Source material START

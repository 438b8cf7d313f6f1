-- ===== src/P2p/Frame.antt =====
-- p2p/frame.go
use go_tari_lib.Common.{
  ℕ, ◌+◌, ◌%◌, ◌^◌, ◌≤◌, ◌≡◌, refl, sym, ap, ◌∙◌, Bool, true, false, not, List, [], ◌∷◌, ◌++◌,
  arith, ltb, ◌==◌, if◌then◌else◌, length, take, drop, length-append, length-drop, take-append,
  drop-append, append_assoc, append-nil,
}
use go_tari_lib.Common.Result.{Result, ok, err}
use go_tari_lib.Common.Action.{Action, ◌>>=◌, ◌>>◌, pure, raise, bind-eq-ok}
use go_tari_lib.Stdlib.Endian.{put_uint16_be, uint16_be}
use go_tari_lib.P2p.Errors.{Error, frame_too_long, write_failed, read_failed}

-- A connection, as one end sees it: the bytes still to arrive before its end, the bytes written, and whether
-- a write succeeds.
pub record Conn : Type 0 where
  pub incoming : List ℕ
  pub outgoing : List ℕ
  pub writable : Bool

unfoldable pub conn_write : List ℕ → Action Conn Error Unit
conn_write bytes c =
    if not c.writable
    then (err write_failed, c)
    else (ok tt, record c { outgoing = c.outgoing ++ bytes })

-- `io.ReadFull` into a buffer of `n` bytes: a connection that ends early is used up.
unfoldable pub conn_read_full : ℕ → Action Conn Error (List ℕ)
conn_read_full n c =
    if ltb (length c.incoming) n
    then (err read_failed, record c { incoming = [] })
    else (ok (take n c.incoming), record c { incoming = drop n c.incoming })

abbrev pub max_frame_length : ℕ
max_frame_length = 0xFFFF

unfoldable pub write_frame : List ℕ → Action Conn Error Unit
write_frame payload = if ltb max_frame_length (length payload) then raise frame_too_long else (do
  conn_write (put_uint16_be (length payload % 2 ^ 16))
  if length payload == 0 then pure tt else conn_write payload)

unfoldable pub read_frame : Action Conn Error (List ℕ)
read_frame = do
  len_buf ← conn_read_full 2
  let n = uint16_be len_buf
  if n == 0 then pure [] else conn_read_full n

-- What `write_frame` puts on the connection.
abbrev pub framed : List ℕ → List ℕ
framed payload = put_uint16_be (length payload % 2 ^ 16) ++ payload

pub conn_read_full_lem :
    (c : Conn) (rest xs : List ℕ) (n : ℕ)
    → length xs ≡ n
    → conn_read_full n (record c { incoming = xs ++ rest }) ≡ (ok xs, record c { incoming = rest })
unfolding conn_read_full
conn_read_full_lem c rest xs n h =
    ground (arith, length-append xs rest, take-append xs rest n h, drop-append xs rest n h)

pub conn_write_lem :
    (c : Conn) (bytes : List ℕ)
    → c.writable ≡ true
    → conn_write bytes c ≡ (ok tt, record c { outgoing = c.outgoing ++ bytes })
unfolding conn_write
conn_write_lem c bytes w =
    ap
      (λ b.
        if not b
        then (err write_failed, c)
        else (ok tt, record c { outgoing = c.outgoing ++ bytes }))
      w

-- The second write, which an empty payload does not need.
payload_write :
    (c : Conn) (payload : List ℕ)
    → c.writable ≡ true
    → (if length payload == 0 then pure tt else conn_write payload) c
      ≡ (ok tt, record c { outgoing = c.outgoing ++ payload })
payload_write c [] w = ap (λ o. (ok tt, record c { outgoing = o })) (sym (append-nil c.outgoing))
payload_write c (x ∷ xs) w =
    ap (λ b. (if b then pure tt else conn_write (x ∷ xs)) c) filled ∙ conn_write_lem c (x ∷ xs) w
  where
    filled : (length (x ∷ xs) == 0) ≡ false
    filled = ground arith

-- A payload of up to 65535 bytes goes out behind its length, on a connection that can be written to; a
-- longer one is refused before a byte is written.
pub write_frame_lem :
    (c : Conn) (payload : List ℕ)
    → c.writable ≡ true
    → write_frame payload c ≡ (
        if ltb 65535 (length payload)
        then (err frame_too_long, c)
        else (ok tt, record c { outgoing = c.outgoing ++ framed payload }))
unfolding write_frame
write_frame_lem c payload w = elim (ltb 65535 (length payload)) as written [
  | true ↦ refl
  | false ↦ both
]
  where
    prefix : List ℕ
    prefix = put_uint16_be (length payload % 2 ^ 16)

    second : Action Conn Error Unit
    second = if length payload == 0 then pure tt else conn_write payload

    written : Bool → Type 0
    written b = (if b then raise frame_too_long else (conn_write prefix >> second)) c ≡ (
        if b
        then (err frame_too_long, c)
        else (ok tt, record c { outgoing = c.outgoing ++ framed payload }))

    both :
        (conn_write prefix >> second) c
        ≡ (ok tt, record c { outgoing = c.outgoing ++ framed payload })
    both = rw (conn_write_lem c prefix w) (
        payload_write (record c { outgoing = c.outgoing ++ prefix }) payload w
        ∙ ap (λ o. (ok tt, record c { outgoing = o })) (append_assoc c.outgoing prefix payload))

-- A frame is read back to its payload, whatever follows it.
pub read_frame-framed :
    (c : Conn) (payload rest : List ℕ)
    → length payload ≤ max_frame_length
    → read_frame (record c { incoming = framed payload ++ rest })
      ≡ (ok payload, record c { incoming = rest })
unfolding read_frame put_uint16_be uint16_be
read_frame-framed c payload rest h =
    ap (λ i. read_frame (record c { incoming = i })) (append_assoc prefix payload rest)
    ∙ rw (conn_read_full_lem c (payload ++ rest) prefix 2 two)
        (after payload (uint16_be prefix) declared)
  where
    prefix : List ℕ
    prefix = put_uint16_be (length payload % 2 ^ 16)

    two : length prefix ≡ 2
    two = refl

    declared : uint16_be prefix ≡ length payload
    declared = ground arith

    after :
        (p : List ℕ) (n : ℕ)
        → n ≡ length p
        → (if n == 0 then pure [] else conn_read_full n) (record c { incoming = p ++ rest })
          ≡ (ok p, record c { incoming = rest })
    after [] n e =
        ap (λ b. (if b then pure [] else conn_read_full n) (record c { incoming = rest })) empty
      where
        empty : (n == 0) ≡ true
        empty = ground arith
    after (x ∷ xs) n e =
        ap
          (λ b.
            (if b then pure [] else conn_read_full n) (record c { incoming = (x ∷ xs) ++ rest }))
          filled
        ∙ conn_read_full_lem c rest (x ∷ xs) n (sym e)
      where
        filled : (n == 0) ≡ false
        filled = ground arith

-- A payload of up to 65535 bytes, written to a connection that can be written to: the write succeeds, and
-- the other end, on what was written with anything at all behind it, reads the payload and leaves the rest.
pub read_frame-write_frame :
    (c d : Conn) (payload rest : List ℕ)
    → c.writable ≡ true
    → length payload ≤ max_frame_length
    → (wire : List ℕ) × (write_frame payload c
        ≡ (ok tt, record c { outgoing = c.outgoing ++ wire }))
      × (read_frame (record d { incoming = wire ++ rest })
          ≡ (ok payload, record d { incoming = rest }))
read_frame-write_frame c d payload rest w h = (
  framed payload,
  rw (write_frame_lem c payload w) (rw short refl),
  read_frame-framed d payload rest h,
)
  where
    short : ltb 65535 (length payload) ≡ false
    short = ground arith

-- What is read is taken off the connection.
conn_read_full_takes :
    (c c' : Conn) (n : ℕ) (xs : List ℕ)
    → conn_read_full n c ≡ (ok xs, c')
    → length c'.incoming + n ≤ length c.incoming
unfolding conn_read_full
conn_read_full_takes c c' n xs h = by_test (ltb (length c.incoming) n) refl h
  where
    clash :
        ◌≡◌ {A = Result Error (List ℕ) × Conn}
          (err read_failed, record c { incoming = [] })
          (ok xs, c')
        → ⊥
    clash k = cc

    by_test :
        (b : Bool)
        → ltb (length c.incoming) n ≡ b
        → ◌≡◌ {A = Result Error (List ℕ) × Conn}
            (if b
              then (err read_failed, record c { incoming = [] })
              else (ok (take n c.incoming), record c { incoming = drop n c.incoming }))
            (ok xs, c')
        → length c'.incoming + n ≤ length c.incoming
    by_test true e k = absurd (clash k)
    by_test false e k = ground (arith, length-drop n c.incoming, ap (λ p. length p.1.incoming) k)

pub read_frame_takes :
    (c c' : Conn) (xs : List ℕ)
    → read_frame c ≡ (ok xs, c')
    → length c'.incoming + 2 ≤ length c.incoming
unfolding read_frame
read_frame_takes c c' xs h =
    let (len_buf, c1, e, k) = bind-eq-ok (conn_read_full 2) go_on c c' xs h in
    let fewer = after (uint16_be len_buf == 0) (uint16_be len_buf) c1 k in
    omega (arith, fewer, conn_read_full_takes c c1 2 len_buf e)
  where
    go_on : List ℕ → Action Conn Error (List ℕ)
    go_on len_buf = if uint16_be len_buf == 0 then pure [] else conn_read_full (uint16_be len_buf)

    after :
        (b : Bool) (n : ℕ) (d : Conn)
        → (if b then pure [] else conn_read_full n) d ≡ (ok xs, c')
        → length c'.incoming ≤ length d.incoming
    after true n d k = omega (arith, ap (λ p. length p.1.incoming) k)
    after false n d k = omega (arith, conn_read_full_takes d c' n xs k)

Source material END
Source material START

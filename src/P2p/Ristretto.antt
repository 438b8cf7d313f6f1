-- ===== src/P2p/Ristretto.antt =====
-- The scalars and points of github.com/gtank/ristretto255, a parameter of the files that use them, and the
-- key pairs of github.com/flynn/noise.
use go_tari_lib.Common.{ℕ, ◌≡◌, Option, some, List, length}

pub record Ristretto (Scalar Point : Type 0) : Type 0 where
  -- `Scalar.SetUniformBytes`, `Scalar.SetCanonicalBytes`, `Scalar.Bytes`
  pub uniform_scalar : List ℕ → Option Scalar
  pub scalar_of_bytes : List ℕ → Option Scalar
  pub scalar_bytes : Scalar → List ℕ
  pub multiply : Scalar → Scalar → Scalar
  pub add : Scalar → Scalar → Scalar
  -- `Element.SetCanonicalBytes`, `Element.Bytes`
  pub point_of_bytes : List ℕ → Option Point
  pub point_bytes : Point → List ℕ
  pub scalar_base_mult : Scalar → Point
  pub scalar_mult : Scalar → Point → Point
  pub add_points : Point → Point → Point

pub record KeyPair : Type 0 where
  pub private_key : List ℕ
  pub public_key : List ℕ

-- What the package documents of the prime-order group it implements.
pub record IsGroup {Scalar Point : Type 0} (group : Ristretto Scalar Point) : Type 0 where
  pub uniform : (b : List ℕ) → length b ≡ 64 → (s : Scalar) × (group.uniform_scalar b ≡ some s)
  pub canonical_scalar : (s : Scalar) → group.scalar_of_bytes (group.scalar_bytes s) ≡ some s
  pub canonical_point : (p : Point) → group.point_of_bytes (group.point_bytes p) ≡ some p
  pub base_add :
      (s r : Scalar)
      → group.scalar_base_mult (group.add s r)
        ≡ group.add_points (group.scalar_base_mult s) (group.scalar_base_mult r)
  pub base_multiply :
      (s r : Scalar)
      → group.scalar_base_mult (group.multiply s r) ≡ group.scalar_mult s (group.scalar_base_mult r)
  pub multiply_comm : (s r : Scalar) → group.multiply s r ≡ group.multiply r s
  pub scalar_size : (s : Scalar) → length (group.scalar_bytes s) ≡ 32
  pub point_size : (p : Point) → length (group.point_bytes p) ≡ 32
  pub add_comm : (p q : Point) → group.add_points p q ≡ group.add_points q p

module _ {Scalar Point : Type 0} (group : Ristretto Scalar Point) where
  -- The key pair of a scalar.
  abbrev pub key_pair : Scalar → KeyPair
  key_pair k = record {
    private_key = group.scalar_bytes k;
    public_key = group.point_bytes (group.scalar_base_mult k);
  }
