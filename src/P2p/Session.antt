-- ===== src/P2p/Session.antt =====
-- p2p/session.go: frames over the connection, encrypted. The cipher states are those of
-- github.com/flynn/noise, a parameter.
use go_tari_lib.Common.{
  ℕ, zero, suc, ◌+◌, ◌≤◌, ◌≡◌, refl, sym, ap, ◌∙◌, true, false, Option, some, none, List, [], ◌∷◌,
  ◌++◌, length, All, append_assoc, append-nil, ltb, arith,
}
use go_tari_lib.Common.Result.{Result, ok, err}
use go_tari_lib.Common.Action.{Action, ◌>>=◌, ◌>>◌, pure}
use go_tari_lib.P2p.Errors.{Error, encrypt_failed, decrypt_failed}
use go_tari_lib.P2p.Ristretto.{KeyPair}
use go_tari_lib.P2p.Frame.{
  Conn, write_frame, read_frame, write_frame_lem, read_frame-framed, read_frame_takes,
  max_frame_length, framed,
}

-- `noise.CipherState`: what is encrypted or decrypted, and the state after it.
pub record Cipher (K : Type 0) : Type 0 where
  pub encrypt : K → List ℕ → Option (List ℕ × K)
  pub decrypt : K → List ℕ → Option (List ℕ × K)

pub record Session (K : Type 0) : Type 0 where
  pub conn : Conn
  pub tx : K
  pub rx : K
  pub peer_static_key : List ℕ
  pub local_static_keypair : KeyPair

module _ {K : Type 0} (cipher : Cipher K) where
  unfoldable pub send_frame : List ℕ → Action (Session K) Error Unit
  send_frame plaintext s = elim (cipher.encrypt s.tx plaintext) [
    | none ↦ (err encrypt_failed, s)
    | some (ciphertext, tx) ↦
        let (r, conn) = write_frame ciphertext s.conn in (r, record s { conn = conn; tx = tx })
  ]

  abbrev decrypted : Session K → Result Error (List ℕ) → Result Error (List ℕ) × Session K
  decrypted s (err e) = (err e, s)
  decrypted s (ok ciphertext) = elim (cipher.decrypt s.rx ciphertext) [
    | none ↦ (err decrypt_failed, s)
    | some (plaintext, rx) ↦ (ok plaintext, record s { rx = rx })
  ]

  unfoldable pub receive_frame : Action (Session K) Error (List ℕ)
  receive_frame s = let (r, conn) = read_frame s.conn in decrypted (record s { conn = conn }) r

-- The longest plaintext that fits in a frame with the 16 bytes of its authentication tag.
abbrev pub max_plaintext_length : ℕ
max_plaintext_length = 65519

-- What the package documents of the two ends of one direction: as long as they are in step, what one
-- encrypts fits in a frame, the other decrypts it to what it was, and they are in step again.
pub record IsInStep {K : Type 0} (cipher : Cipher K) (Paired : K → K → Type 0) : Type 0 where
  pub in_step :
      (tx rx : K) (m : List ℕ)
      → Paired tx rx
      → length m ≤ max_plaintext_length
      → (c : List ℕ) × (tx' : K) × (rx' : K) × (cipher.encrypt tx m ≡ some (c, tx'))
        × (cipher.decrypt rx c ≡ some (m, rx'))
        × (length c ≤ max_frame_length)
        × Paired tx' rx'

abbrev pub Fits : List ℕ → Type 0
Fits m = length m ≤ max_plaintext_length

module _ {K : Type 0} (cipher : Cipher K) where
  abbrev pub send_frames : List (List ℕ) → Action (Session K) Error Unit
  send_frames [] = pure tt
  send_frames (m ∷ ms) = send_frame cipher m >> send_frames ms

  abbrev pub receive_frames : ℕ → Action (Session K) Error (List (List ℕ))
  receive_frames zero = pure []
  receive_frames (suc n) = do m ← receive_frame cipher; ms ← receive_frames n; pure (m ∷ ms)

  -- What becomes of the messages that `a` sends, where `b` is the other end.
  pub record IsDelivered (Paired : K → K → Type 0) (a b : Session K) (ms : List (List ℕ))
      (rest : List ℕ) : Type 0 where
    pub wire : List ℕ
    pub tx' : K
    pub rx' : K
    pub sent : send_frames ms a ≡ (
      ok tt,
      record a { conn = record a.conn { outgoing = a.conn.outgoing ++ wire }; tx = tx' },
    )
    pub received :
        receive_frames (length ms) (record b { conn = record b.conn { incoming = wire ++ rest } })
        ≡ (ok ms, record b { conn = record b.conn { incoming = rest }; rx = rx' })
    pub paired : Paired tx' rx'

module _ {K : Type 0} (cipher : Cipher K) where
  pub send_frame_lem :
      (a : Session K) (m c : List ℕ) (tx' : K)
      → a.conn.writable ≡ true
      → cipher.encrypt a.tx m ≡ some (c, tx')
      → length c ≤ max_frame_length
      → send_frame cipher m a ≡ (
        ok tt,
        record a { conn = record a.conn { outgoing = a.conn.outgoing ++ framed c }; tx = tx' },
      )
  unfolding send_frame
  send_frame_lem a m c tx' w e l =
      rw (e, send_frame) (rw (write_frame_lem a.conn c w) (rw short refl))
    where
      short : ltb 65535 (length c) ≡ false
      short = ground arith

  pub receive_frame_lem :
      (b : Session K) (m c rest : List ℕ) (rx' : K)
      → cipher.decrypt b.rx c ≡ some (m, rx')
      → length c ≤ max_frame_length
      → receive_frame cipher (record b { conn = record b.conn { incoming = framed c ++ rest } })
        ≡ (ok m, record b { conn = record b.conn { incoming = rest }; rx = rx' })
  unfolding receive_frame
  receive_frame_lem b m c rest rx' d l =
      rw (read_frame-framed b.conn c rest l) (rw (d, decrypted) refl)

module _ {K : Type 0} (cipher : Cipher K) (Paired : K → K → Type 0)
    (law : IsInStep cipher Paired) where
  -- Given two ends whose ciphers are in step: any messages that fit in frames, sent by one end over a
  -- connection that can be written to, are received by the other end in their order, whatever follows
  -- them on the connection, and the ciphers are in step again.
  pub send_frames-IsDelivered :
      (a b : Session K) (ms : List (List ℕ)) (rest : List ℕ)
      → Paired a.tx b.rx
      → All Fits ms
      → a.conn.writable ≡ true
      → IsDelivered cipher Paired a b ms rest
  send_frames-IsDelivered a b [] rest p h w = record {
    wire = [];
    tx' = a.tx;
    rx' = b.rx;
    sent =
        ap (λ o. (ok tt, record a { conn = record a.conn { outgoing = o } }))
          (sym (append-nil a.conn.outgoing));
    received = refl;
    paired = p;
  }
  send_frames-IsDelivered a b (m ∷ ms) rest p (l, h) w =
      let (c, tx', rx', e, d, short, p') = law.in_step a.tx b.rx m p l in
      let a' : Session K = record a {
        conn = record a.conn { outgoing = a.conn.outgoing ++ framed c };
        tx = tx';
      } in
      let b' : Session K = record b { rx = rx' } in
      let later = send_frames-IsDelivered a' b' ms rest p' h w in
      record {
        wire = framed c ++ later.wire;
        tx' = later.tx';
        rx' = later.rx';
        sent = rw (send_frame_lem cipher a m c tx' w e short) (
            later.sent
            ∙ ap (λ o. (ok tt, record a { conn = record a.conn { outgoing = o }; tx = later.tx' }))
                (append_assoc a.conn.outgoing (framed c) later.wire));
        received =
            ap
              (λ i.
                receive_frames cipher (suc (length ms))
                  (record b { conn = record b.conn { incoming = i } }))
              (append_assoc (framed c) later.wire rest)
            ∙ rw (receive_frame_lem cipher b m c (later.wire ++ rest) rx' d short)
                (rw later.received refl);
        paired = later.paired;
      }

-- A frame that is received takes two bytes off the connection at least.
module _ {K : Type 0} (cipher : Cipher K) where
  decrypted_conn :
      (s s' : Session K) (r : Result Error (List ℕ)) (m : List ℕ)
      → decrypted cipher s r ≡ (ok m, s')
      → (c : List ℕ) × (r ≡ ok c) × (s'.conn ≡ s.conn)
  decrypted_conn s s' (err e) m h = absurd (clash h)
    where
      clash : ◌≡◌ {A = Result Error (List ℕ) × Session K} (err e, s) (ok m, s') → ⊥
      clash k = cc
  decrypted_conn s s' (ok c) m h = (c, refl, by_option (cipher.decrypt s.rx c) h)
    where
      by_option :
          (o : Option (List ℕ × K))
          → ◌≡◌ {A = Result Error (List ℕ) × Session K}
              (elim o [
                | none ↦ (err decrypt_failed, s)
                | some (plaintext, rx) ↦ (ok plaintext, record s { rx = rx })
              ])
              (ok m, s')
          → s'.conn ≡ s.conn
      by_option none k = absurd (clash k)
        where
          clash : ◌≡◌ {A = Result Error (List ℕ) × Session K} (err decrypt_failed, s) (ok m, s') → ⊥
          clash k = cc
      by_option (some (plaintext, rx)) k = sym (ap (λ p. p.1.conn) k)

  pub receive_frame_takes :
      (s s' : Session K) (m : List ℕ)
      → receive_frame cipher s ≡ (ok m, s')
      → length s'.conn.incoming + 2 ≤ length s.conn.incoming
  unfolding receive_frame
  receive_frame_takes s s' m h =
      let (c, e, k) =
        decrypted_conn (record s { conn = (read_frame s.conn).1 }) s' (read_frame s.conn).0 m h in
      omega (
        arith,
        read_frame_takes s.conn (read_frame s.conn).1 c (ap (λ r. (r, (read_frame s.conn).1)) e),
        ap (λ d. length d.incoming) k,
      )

Source material END
Source material START

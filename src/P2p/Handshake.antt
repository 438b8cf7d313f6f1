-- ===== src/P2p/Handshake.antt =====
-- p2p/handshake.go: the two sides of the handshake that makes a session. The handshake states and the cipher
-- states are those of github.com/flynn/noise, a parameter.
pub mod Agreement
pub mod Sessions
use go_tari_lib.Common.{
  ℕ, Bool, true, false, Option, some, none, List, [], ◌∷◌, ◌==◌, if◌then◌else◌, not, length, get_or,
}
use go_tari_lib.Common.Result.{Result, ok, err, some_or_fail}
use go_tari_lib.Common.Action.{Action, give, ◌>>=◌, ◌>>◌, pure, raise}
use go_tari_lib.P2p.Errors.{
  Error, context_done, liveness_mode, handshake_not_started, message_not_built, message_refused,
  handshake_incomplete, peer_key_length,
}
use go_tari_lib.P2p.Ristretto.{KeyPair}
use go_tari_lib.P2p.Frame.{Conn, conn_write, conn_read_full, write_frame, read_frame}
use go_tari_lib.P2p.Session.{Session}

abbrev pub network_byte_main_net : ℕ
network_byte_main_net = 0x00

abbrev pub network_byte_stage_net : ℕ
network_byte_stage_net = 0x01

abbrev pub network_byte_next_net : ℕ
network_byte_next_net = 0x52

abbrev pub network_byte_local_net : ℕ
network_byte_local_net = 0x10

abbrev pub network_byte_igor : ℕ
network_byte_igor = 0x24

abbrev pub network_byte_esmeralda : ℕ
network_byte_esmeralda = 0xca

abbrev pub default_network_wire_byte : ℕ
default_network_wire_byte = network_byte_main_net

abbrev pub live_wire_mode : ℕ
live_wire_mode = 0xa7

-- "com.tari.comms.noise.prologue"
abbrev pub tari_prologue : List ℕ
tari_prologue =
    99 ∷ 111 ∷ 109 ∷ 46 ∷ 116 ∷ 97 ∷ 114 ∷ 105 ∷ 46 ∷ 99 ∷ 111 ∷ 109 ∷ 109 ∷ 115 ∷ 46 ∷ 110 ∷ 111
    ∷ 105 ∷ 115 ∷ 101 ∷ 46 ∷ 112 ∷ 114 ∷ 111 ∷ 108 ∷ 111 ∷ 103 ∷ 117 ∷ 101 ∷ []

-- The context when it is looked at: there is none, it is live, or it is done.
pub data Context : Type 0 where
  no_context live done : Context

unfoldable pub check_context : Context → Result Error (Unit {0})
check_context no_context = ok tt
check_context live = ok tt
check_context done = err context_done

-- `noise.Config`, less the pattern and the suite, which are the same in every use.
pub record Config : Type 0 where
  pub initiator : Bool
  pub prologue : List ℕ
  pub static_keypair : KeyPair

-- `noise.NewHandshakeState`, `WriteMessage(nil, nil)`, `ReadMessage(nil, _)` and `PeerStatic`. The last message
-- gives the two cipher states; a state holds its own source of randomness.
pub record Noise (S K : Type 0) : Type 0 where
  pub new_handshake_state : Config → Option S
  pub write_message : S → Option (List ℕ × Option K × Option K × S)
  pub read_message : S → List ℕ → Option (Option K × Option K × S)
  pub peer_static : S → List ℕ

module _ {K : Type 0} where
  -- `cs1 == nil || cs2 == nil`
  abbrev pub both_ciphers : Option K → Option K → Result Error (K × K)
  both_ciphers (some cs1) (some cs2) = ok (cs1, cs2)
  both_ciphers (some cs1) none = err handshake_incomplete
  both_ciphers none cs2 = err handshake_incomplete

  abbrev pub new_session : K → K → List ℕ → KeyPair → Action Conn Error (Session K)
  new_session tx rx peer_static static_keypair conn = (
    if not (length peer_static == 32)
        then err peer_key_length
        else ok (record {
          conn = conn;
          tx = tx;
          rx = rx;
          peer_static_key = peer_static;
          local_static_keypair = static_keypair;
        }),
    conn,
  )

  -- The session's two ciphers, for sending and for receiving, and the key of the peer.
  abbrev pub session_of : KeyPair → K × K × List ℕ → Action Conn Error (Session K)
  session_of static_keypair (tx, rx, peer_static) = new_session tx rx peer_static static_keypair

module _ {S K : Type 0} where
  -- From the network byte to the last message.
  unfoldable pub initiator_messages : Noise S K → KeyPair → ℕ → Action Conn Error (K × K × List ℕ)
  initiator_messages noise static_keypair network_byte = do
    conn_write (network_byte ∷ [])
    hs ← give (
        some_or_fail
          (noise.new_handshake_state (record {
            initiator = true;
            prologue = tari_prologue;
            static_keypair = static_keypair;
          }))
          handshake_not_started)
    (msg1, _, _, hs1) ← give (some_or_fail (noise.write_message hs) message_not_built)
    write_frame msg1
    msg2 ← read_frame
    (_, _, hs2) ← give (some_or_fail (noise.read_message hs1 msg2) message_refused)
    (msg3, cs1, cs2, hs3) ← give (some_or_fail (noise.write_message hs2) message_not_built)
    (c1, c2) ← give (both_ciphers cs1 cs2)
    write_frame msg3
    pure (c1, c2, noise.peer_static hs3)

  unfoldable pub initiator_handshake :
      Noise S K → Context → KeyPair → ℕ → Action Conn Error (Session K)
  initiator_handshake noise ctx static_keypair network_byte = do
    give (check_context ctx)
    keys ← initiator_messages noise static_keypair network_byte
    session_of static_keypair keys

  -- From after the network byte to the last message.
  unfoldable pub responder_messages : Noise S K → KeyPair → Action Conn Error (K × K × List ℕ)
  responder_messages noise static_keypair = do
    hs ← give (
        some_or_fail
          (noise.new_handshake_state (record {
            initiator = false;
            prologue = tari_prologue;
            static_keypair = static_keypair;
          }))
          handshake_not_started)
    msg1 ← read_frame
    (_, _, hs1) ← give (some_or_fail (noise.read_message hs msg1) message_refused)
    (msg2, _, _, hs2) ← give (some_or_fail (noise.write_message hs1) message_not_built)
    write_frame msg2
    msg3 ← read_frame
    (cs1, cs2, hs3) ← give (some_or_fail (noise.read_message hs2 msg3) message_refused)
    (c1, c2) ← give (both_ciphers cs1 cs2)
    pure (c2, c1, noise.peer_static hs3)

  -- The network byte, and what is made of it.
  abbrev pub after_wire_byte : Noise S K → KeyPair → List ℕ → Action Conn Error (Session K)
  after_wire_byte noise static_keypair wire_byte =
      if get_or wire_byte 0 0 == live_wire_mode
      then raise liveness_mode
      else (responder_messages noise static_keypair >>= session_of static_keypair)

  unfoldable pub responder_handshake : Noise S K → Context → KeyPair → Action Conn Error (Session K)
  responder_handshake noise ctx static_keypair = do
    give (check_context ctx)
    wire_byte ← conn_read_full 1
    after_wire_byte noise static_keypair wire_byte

Source material END

__What needs to be done__:
Find the word "raise" in the data and copy out each line where it turns up.

__Answer__:
use go_tari_lib.Common.Action.{Action, ◌>>=◌, ◌>>◌, pure, raise, bind-eq-ok}
write_frame payload = if ltb max_frame_length (length payload) then raise frame_too_long else (do
    written b = (if b then raise frame_too_long else (conn_write prefix >> second)) c ≡ (
use go_tari_lib.Common.Action.{Action, give, ◌>>=◌, ◌>>◌, pure, raise}
      then raise liveness_mode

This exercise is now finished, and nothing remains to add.